- Tavener in 2005

Background information
- Born: John Kenneth Tavener January 28, 1944 Wembley, London
- Died: November 12, 2013 (aged 69) Child Okeford, Dorset
- Genres: Choral music; Religious music;
- Awards: Ivor Novello Award; Honorary fellow of Sarum College;

= John Tavener =

English composer (1944–2013)

Sir John Kenneth Tavener (28 January 1944 – 12 November 2013) was an English composer of choral religious works. Among his works are The Lamb (1982), The Protecting Veil (1988), and Song for Athene (1993).

Tavener first came to prominence with his cantata The Whale, premiered in 1968. Then aged 24, he was described by The Guardian as "the musical discovery of the year", while The Times said he was "among the very best creative talents of his generation". During his career he became one of the best known and popular composers of his generation, most particularly for The Protecting Veil, which as recorded by cellist Steven Isserlis became a best-selling album, and Song for Athene which was sung at the funeral of Princess Diana. The Lamb featured in the soundtrack for Paolo Sorrentino's film The Great Beauty. Tavener wrote the composition A New Beginning to commemorate the Millennium celebrations on New Year's Eve, 1999, during the opening of the Millennium Dome in London. Tavener was knighted in 2000 for his services to music and won an Ivor Novello Award, and was awarded an Honorary Fellowship by Sarum College in 2001.

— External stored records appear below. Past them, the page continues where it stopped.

-- ===== src/Organizations/Service.antt =====
-- OrganizationService.create, login, listForMember, addMember, removeMember, assertMember,
-- assertRole and isOwner (modules/organizations/organization.service.ts). The slug, which ends in
-- random characters, is an argument.
use text.Mathlib.Text.{◌==◌ as str_eq}
use kigali_pack.Base.{
  ℕ, Bool, false, ◌&&◌, ◌||◌, not, Option, none, some, List, [], ◌∷◌, String, ◌==◌, is_some,
}
use kigali_pack.Service.{
  unauthorized, forbidden, not_found, conflict, Action, pure, ◌>>=◌, ◌>>◌, found, gets, throw_if,
  modify, change, DataSource,
}
use kigali_pack.Data.{Member, Organization, OrganizationRole, member_key, organization_key}
use kigali_pack.Orm.{Repository}
use kigali_pack.Sessions.{Crypto}
use kigali_pack.Guards.{same_role, includes}

abbrev pub is_owner_role : OrganizationRole → Bool
is_owner_role role =
    same_role role OrganizationRole.owner || same_role role OrganizationRole.org_owner

-- The roles that may change the members.
abbrev pub managers : List OrganizationRole
managers = OrganizationRole.owner ∷ OrganizationRole.org_owner ∷ OrganizationRole.admin ∷ []

pub record CreateOrganization : Type 0 where
  pub name : String
  pub owner_email : String
  pub owner_password : String

pub record AddMember : Type 0 where
  pub email : String
  pub password : String
  pub role : OrganizationRole

pub record CreateReply : Type 0 where
  pub organization : Organization
  pub owner : Member
  pub access_token : String

pub record LoginReply : Type 0 where
  pub access_token : String
  pub member_id : ℕ
  pub organization_id : ℕ
  pub role : OrganizationRole

-- `where: { id: memberId, organization: { id: orgId } }`
abbrev pub member_of : ℕ → ℕ → Member → Bool
member_of org_id member_id m = m.id == member_id && m.organization.id == org_id

module _ (org_table : Repository organization_key) (member_table : Repository member_key)
    (crypto : Crypto) where
  pub record OrgDb : Type 0 where
    pub organizations : org_table.Rows
    pub members : member_table.Rows

  abbrev issue_token : ℕ → Member → String
  issue_token now m =
      crypto.sign now
        (record { sub = m.id; org_id = m.organization.id; role = m.role; email = m.email })

  abbrev pub with_email : String → Member → Bool
  with_email email m = str_eq m.email (crypto.to_lower email)

  abbrev pub insert_member : Member → Action OrgDb Member
  insert_member m =
      change (λ db.
        let (e, rows) = member_table.insert m db.members in (e, record db { members = rows }))

  abbrev insert_organization : Organization → Action OrgDb Organization
  insert_organization o = change (λ db.
      let (e, rows) = org_table.insert o db.organizations in
      (e, record db { organizations = rows }))

  -- A member that `create` makes.
  abbrev pub new_member : Organization → String → String → OrganizationRole → Member
  new_member org email password role = record {
    id = 0;
    organization = org;
    email = crypto.to_lower email;
    password_hash = crypto.digest password;
    role = role;
    email_verified = false;
  }

  unfoldable pub assert_free : String → Action OrgDb (Unit {0})
  assert_free email = do
    existing ← gets (λ db. member_table.find_one (with_email email) db.members)
    throw_if (is_some existing) conflict

  unfoldable pub create :
      DataSource OrgDb → ℕ → String → CreateOrganization → Action OrgDb CreateReply
  create data_source now slug dto = do
    assert_free dto.owner_email
    data_source.transaction (do
      org ← insert_organization (record { id = 0; name = dto.name; slug = slug })
      owner ←
          insert_member
            (new_member org dto.owner_email dto.owner_password OrganizationRole.org_owner)
      pure (record { organization = org; owner = owner; access_token = issue_token now owner }))

  unfoldable pub login : ℕ → String → String → Action OrgDb LoginReply
  login now email password = do
    m ← found (λ db. member_table.find_one (with_email email) db.members) unauthorized
    throw_if (not (str_eq (crypto.digest password) m.password_hash)) unauthorized
    pure (record {
      access_token = issue_token now m;
      member_id = m.id;
      organization_id = m.organization.id;
      role = m.role;
    })

  unfoldable pub list_for_member : ℕ → Action OrgDb (List (Organization × OrganizationRole))
  list_for_member member_id = do
    m ← found (λ db. member_table.find_one (λ x. x.id == member_id) db.members) not_found
    pure ((m.organization, m.role) ∷ [])

  abbrev pub find_member_of : ℕ → ℕ → OrgDb → Option Member
  find_member_of org_id member_id db = member_table.find_one (member_of org_id member_id) db.members

  abbrev pub assert_member : ℕ → ℕ → Action OrgDb Member
  assert_member org_id member_id = found (find_member_of org_id member_id) not_found

  unfoldable pub assert_role : ℕ → ℕ → List OrganizationRole → Action OrgDb Member
  assert_role org_id member_id roles = do
    m ← assert_member org_id member_id
    throw_if (not (includes roles m.role)) forbidden
    pure m

  abbrev pub owner_or_none : Option Member → Bool
  owner_or_none none = false
  owner_or_none (some m) = is_owner_role m.role

  abbrev pub is_owner : ℕ → ℕ → OrgDb → Bool
  is_owner org_id member_id db = owner_or_none (find_member_of org_id member_id db)

  -- Only an owner may name an owner.
  unfoldable pub assert_may_assign : ℕ → ℕ → OrganizationRole → Action OrgDb (Unit {0})
  assert_may_assign org_id requester_id role = do
    owner ← gets (is_owner org_id requester_id)
    throw_if (is_owner_role role && not owner) conflict

  abbrev pub find_organization : ℕ → OrgDb → Option Organization
  find_organization org_id db = org_table.find_one (λ o. o.id == org_id) db.organizations

  unfoldable pub add_member : ℕ → ℕ → AddMember → Action OrgDb Member
  add_member org_id requester_id dto = do
    requester ← assert_role org_id requester_id managers
    assert_free dto.email
    org ← found (find_organization org_id) not_found
    assert_may_assign org_id requester_id dto.role
    insert_member (new_member org dto.email dto.password dto.role)

  unfoldable pub remove_member : ℕ → ℕ → ℕ → Action OrgDb ℕ
  remove_member org_id requester_id member_id = do
    requester ← assert_role org_id requester_id managers
    target ← found (find_member_of org_id member_id) not_found
    throw_if (is_owner_role target.role) conflict
    modify (λ db. record db { members = member_table.remove target db.members })
    pure member_id
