-- ===== src/Organizations.antt =====
-- modules/organizations/organization.service.ts: organizations and their members.
mod Service
unfoldable pub use Service.*
pub mod Owners
pub mod Members
mod Tests
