-- ===== src/Organizations/Members.antt =====
-- Who may add a member, and with which role.
use mathlib.Core.Path.{subst₂}
use kigali_pack.Base.{
  Bool-cases, ◌≢◌, ◌⊎◌, inl, inr, subst, arith, ◌==◌, ℕ, ◌≡◌, refl, sym, ap, ◌∙◌, ◌&&◌, Bool, true,
  false, not, none, some, List, is_some, none_of,
}
use kigali_pack.Service.{
  ok, found, not_found, conflict, forbidden, found_same, found_reads, after_step, ok-injective,
  throw_if_same, throw_if-false, pure,
}
use kigali_pack.Data.{Member, Organization, OrganizationRole, member_key, organization_key}
use kigali_pack.Orm.{Repository, find_one-key, row-insert_self, row-insert_ne}
use kigali_pack.Sessions.{Crypto}
use kigali_pack.ApiKeys.Retired.{guard_passed}
use kigali_pack.Guards.{includes}
use kigali_pack.Organizations.Service.{
  is_owner_role, managers, member_of, AddMember, OrgDb, with_email, new_member, assert_free,
  assert_role, is_owner, owner_or_none, find_member_of, find_organization, assert_may_assign,
  add_member,
}

module _ (org_table : Repository organization_key) (member_table : Repository member_key)
    (crypto : Crypto) where
  abbrev Store : Type 0
  Store = OrgDb org_table member_table crypto

  assert_role-eq-ok :
      (org_id id : ℕ) (roles : List OrganizationRole) (db : Store) {m : Member} {db' : Store}
      → assert_role org_table member_table crypto org_id id roles db ≡ (ok m, db')
      → (db' ≡ db)
        × (find_member_of org_table member_table crypto org_id id db ≡ some m)
        × (includes roles m.role ≡ true)
  unfolding assert_role
  assert_role-eq-ok org_id id roles db {m} {db'} h =
      let read = find_member_of org_table member_table crypto org_id id in
      after_step (found read not_found) _ db h λ x db1 e rest.
        let (allowed, rest') =
          guard_passed forbidden (not (includes roles x.role)) (pure x) db1 rest in
        let (same, stores) = ok-injective rest' in
        (
          sym stores ∙ found_same read not_found db e,
          found_reads read not_found db e ∙ ap some same,
          ap (λ y. includes roles y.role) (sym same) ∙ not_false (includes roles x.role) allowed,
        )
    where
      not_false : (b : Bool) → not b ≡ false → b ≡ true
      not_false true h = refl
      not_false false h = cc

  -- An owner or an admin.
  abbrev pub IsManager : OrganizationRole → Type 0
  IsManager role =
      (role ≡ OrganizationRole.owner)
      ⊎ (role ≡ OrganizationRole.org_owner)
      ⊎ (role ≡ OrganizationRole.admin)

  abbrev pub IsOwner : OrganizationRole → Type 0
  IsOwner role = (role ≡ OrganizationRole.owner) ⊎ (role ≡ OrganizationRole.org_owner)

  is_owner_role-IsOwner : (role : OrganizationRole) → is_owner_role role ≡ true → IsOwner role
  is_owner_role-IsOwner OrganizationRole.owner h = inl refl
  is_owner_role-IsOwner OrganizationRole.org_owner h = inr refl
  is_owner_role-IsOwner OrganizationRole.admin h = cc
  is_owner_role-IsOwner OrganizationRole.master_admin h = cc
  is_owner_role-IsOwner OrganizationRole.developer h = cc
  is_owner_role-IsOwner OrganizationRole.viewer h = cc
  is_owner_role-IsOwner OrganizationRole.org_member h = cc

  IsOwner-is_owner_role : (role : OrganizationRole) → IsOwner role → is_owner_role role ≡ true
  IsOwner-is_owner_role role h = elim h [ inl o ↦ ap is_owner_role o | inr o ↦ ap is_owner_role o ]

  -- Whoever may assign an owner is one.
  assigned-IsOwner :
      (asked by : OrganizationRole)
      → is_owner_role asked && not (is_owner_role by) ≡ false
      → IsOwner asked
      → IsOwner by
  assigned-IsOwner asked by h o = elim (Bool-cases (is_owner_role by)) [
    | inl y ↦ is_owner_role-IsOwner by y
    | inr n ↦
        cc (
          sym (ap (λ b. b && not (is_owner_role by)) (IsOwner-is_owner_role asked o) ∙ ap not n)
          ∙ h)
  ]

  includes-IsManager : (role : OrganizationRole) → includes managers role ≡ true → IsManager role
  includes-IsManager OrganizationRole.owner h = inl refl
  includes-IsManager OrganizationRole.org_owner h = inr (inl refl)
  includes-IsManager OrganizationRole.admin h = inr (inr refl)
  includes-IsManager OrganizationRole.master_admin h = cc
  includes-IsManager OrganizationRole.developer h = cc
  includes-IsManager OrganizationRole.viewer h = cc
  includes-IsManager OrganizationRole.org_member h = cc

  -- An addition was asked for by a member of the organization with the role of a manager, and by
  -- an owner if it names an owner; the e-mail address was free; the new member is in that
  -- organization, with the asked role, address and password, and no other member has changed.
  pub record IsAdded (org_id requester_id : ℕ) (dto : AddMember) (db db' : Store) (m : Member)
      : Type 0 where
    pub requester : Member
    pub organization : Organization
    pub asking : member_table.row db.members requester_id ≡ some requester
    pub belongs : requester.organization.id ≡ org_id
    pub manages : IsManager requester.role
    pub owns : IsOwner dto.role → IsOwner requester.role
    pub free :
        member_table.find_one (with_email org_table member_table crypto dto.email) db.members ≡ none
    pub there : org_table.row db.organizations org_id ≡ some organization
    pub role : m.role ≡ dto.role
    pub same_organization : m.organization ≡ organization
    pub email : m.email ≡ crypto.to_lower dto.email
    pub password : m.password_hash ≡ crypto.digest dto.password
    pub unverified : m.email_verified ≡ false
    pub new : member_table.row db.members m.id ≡ none
    pub stored : member_table.row db'.members m.id ≡ some m
    pub others : (i : ℕ) → m.id ≢ i → member_table.row db'.members i ≡ member_table.row db.members i
    pub members :
        db'.members
        ≡ (member_table.insert
            (new_member org_table member_table crypto organization dto.email dto.password dto.role)
            db.members).1

  -- What is stored of a member that is inserted, and what the others lose.
  pub record IsInserted (n m : Member) (t t' : member_table.Rows) : Type 0 where
    pub same : m ≡ member_key.set_key m.id n
    pub new : member_table.row t m.id ≡ none
    pub stored : member_table.row t' m.id ≡ some m
    pub others : (i : ℕ) → m.id ≢ i → member_table.row t' i ≡ member_table.row t i

  insert-IsInserted :
      (n : Member) (t : member_table.Rows)
      → let (m, t') = member_table.insert n t in IsInserted n m t t'
  insert-IsInserted n t = record {
    same = member_table.insert-same n t;
    new = member_table.insert-new n t;
    stored = row-insert_self member_table n t;
    others = row-insert_ne member_table n t;
  }

  -- An addition that returns was asked for by an owner or an admin of the organization, and by an
  -- owner if it makes an owner; nobody had the e-mail address; it has stored a new member of that
  -- organization, with the asked role, address and password, and has changed no other member.
  pub add_member-IsAdded :
      (org_id requester_id : ℕ) (dto : AddMember) (db : Store) {m : Member} {db' : Store}
      → add_member org_table member_table crypto org_id requester_id dto db ≡ (ok m, db')
      → IsAdded org_id requester_id dto db db' m
  unfolding add_member assert_free assert_may_assign
  add_member-IsAdded org_id requester_id dto db {m} {db'} h =
      after_step (assert_role org_table member_table crypto org_id requester_id managers) _ db h
        λ r db1 e1 rest1.
          let (same1, found_r, manages) = assert_role-eq-ok org_id requester_id managers db e1 in
          after_step (assert_free org_table member_table crypto dto.email) _ db1 rest1
            λ u db2 e2 rest2.
              let taken = λ (d : Store). is_some (
                member_table.find_one (with_email org_table member_table crypto dto.email)
                  d.members) in
              let same2 : db2 ≡ db = throw_if_same (taken db1) conflict db1 e2 ∙ same1 in
              let read = find_organization org_table member_table crypto org_id in
              after_step (found read not_found) _ db2 rest2 λ org db3 e3 rest3.
                let same3 : db3 ≡ db = found_same read not_found db2 e3 ∙ same2 in
                after_step
                  (assert_may_assign org_table member_table crypto org_id requester_id dto.role) _
                  db3 rest3
                  λ v db4 e4 rest4.
                    let asks = λ (d : Store).
                      is_owner_role dto.role
                      && not (is_owner org_table member_table crypto org_id requester_id d) in
                    let same4 : db4 ≡ db = throw_if_same (asks db3) conflict db3 e4 ∙ same3 in
                    let n =
                      new_member org_table member_table crypto org dto.email dto.password
                        dto.role in
                    let (reply, stores) = ok-injective rest4 in
                    let made : IsInserted n m db.members db'.members =
                      subst₂ (λ x t. IsInserted n x db.members t)
                        (ap (λ d. (member_table.insert n d.members).0) (sym same4) ∙ reply)
                        (ap (λ d. (member_table.insert n d.members).1) (sym same4)
                          ∙ ap (λ d. d.members) stores)
                        (insert-IsInserted n db.members) in
                    let read_r =
                      member_table.find_one-fits (member_of org_id requester_id) db.members
                        found_r in
                    let (is_r, in_org) =
                      both (r.id == requester_id) (r.organization.id == org_id) read_r in
                    record {
                      requester = r;
                      organization = org;
                      asking =
                          subst (λ x. member_table.row db.members x ≡ some r) (ground (arith, is_r))
                            (member_table.find_one-row (member_of org_id requester_id) db.members
                              found_r);
                      belongs = ground (arith, in_org);
                      manages = includes-IsManager r.role manages;
                      owns = assigned-IsOwner dto.role r.role (
                          ap
                            (λ o.
                              is_owner_role dto.role
                              && not (owner_or_none org_table member_table crypto o))
                            (sym (
                              ap (find_member_of org_table member_table crypto org_id requester_id)
                                same3
                              ∙ found_r))
                          ∙ throw_if-false (asks db3) conflict db3 e4);
                      free =
                          none_of _
                            (ap taken (sym same1) ∙ throw_if-false (taken db1) conflict db1 e2);
                      there =
                          (find_one-key org_table org_id db.organizations
                            (ap read (sym same2) ∙ found_reads read not_found db2 e3)).1;
                      role = ap (λ x. x.role) made.same;
                      same_organization = ap (λ x. x.organization) made.same;
                      email = ap (λ x. x.email) made.same;
                      password = ap (λ x. x.password_hash) made.same;
                      unverified = ap (λ x. x.email_verified) made.same;
                      new = made.new;
                      stored = made.stored;
                      others = made.others;
                      members =
                          ap (λ d. d.members) (sym stores)
                          ∙ ap (λ d. (member_table.insert n d.members).1) same4;
                    }
    where
      both : (a b : Bool) → a && b ≡ true → (a ≡ true) × (b ≡ true)
      both true b h = (refl, h)
      both false b h = cc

==Early life and education==
Tavener was born on 28 January 1944 in Wembley, London. His parents ran a family building firm and his father was also an organist at St Andrew's Presbyterian Church in Frognal, Hampstead. At the age of 12, Tavener was taken to Glyndebourne to hear Mozart's The Magic Flute, a work he loved for the rest of his life. That same year he heard Stravinsky's most recent work, Canticum Sacrum, which he later described as "the piece that woke me up and made me want to be a composer".

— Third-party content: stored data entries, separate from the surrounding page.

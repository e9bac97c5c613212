-- ===== src/Organizations/Owners.antt =====
-- No change of the members takes an owner away.
use mathlib.Core.Option.{some-injective}
use kigali_pack.Base.{
  ℕ, ◌≡◌, sym, ap, ◌∙◌, subst, ◌&&◌, true, false, not, some, List, [], ◌∷◌, String, arith, is_some,
}
use native.Mathlib.Decide.{ℕ_discrete}
use kigali_pack.Service.{
  found, throw_if, not_found, conflict, forbidden, found_same, found_reads, throw_if_same,
  throw_if-false,
}
use kigali_pack.Service.Keeps.{after_any, found_keeps, throw_if_keeps}
use kigali_pack.Data.{Member, OrganizationRole, member_key, organization_key}
use kigali_pack.Orm.{Repository, row-insert_old}
use kigali_pack.Sessions.{Crypto}
use kigali_pack.Guards.{includes}
use kigali_pack.Organizations.Service.{
  is_owner_role, managers, AddMember, member_of, OrgDb, with_email, new_member, assert_free,
  assert_role, is_owner, find_member_of, find_organization, assert_may_assign, add_member,
  remove_member,
}

module _ (org_table : Repository organization_key) (member_table : Repository member_key)
    (crypto : Crypto) where
  abbrev Store : Type 0
  Store = OrgDb org_table member_table crypto

  -- The member is stored.
  abbrev pub Holds : ℕ → Member → Store → Type 0
  Holds i m db = member_table.row db.members i ≡ some m

  pub assert_role_keeps :
      (org_id id : ℕ) (roles : List OrganizationRole) (db : Store) (P : Store → Type 0)
      → P db
      → P (assert_role org_table member_table crypto org_id id roles db).1
  unfolding assert_role
  assert_role_keeps org_id id roles db P p =
      let read = find_member_of org_table member_table crypto org_id id in
      after_any (found read not_found) _ db P (found_keeps read not_found db P p) λ m t e q.
        after_any (throw_if (not (includes roles m.role)) forbidden) _ t P
          (throw_if_keeps (not (includes roles m.role)) forbidden t P q) λ u t' e' q'. q'

  assert_free_keeps :
      (email : String) (db : Store) (P : Store → Type 0)
      → P db
      → P (assert_free org_table member_table crypto email db).1
  unfolding assert_free
  assert_free_keeps email db P p =
      throw_if_keeps
        (is_some
          (member_table.find_one (with_email org_table member_table crypto email) db.members))
        conflict db P p

  assert_may_assign_keeps :
      (org_id id : ℕ) (role : OrganizationRole) (db : Store) (P : Store → Type 0)
      → P db
      → P (assert_may_assign org_table member_table crypto org_id id role db).1
  unfolding assert_may_assign
  assert_may_assign_keeps org_id id role db P p =
      throw_if_keeps
        (is_owner_role role && not (is_owner org_table member_table crypto org_id id db)) conflict
        db P p

  add_member_keeps :
      (org_id requester_id : ℕ) (dto : AddMember) (db : Store) (i : ℕ) (m : Member)
      → Holds i m db
      → Holds i m (add_member org_table member_table crypto org_id requester_id dto db).1
  unfolding add_member
  add_member_keeps org_id requester_id dto db i m h =
      let P = Holds i m in
      after_any (assert_role org_table member_table crypto org_id requester_id managers) _ db P
        (assert_role_keeps org_id requester_id managers db P h)
        λ r db1 e1 h1.
          after_any (assert_free org_table member_table crypto dto.email) _ db1 P
            (assert_free_keeps dto.email db1 P h1)
            λ u db2 e2 h2.
              let read = find_organization org_table member_table crypto org_id in
              after_any (found read not_found) _ db2 P (found_keeps read not_found db2 P h2)
                λ org db3 e3 h3.
                  after_any
                    (assert_may_assign org_table member_table crypto org_id requester_id dto.role) _
                    db3 P (assert_may_assign_keeps org_id requester_id dto.role db3 P h3)
                    λ v db4 e4 h4.
                      (row-insert_old member_table
                        (new_member org_table member_table crypto org dto.email dto.password
                          dto.role)
                        db4.members i h4).1

  -- A member that is no owner is not the row of an owner.
  removed_keeps :
      (target m : Member) (i : ℕ) (t : member_table.Rows)
      → member_table.row t target.id ≡ some target
      → is_owner_role target.role ≡ false
      → is_owner_role m.role ≡ true
      → member_table.row t i ≡ some m
      → member_table.row (member_table.remove target t) i ≡ some m
  removed_keeps target m i t stored other owner h = elim (ℕ_discrete target.id i) [
    | yes same ↦
        let is_m : target ≡ m =
          some-injective _ _ (sym stored ∙ ap (member_table.row t) same ∙ h) in
        cc (ap (λ x. is_owner_role x.role) is_m)
    | no differ ↦ ground (arith, member_table.row-remove target t i)
  ]

  remove_member_keeps :
      (org_id requester_id member_id : ℕ) (db : Store) (i : ℕ) (m : Member)
      → is_owner_role m.role ≡ true
      → Holds i m db
      → Holds i m (remove_member org_table member_table crypto org_id requester_id member_id db).1
  unfolding remove_member
  remove_member_keeps org_id requester_id member_id db i m owner h =
      let P = Holds i m in
      after_any (assert_role org_table member_table crypto org_id requester_id managers) _ db P
        (assert_role_keeps org_id requester_id managers db P h)
        λ r db1 e1 h1.
          let read = find_member_of org_table member_table crypto org_id member_id in
          after_any (found read not_found) _ db1 P (found_keeps read not_found db1 P h1)
            λ target db2 e2 h2.
              let back : db2 ≡ db1 = found_same read not_found db1 e2 in
              let stored : member_table.row db2.members target.id ≡ some target =
                ap (λ d. member_table.row d.members target.id) back
                ∙ member_table.find_one-row (member_of org_id member_id) db1.members
                    (found_reads read not_found db1 e2) in
              after_any (throw_if (is_owner_role target.role) conflict) _ db2 P
                (throw_if_keeps (is_owner_role target.role) conflict db2 P h2)
                λ u db3 e3 h3.
                  subst
                    (λ d. Holds i m (record d { members = member_table.remove target d.members }))
                    (sym (throw_if_same (is_owner_role target.role) conflict db2 e3))
                    (removed_keeps target m i db2.members stored
                      (throw_if-false (is_owner_role target.role) conflict db2 e3) owner h2)

  pub data MemberOperation : Type 0 where
    adds : AddMember → MemberOperation
    removes : ℕ → MemberOperation

  -- An operation of a member on the members of an organization.
  abbrev pub after : MemberOperation → ℕ → ℕ → Store → Store
  after (adds dto) org_id requester_id db =
      (add_member org_table member_table crypto org_id requester_id dto db).1
  after (removes id) org_id requester_id db =
      (remove_member org_table member_table crypto org_id requester_id id db).1

  -- Operations of any members, on any organizations, one after the other.
  abbrev pub after_all : List (MemberOperation × (ℕ × ℕ)) → Store → Store
  after_all [] db = db
  after_all ((op, (org_id, requester_id)) ∷ rest) db =
      after_all rest (after op org_id requester_id db)

  -- Through any sequence of additions and removals of members, by anybody, whether they return or
  -- throw, an owner who is stored stays stored as he was: no organization loses its owner.
  pub after_all-keeps_owner :
      (ops : List (MemberOperation × (ℕ × ℕ))) (db : Store) (i : ℕ) (m : Member)
      → is_owner_role m.role ≡ true
      → Holds i m db
      → Holds i m (after_all ops db)
  after_all-keeps_owner [] db i m owner h = h
  after_all-keeps_owner ((adds dto, (org_id, requester_id)) ∷ rest) db i m owner h =
      after_all-keeps_owner rest (after (adds dto) org_id requester_id db) i m owner
        (add_member_keeps org_id requester_id dto db i m h)
  after_all-keeps_owner ((removes id, (org_id, requester_id)) ∷ rest) db i m owner h =
      after_all-keeps_owner rest (after (removes id) org_id requester_id db) i m owner
        (remove_member_keeps org_id requester_id id db i m owner h)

Tavener became a music scholar at Highgate School (where a fellow pupil was John Rutter). The school choir was often employed by the BBC in works requiring boys' voices, so Tavener gained choral experience singing in Mahler's Third Symphony and Orff's Carmina Burana. He started to compose at Highgate, and also became a sufficiently proficient pianist to perform the second and third movements of Beethoven's Fourth Piano Concerto and, in 1961 with the National Youth Orchestra, Shostakovich's Piano Concerto No. 2. He also became organist and choirmaster in 1961 at St John's Presbyterian Church, Kensington (now St Mark's Coptic Orthodox Church), a post he held for 14 years.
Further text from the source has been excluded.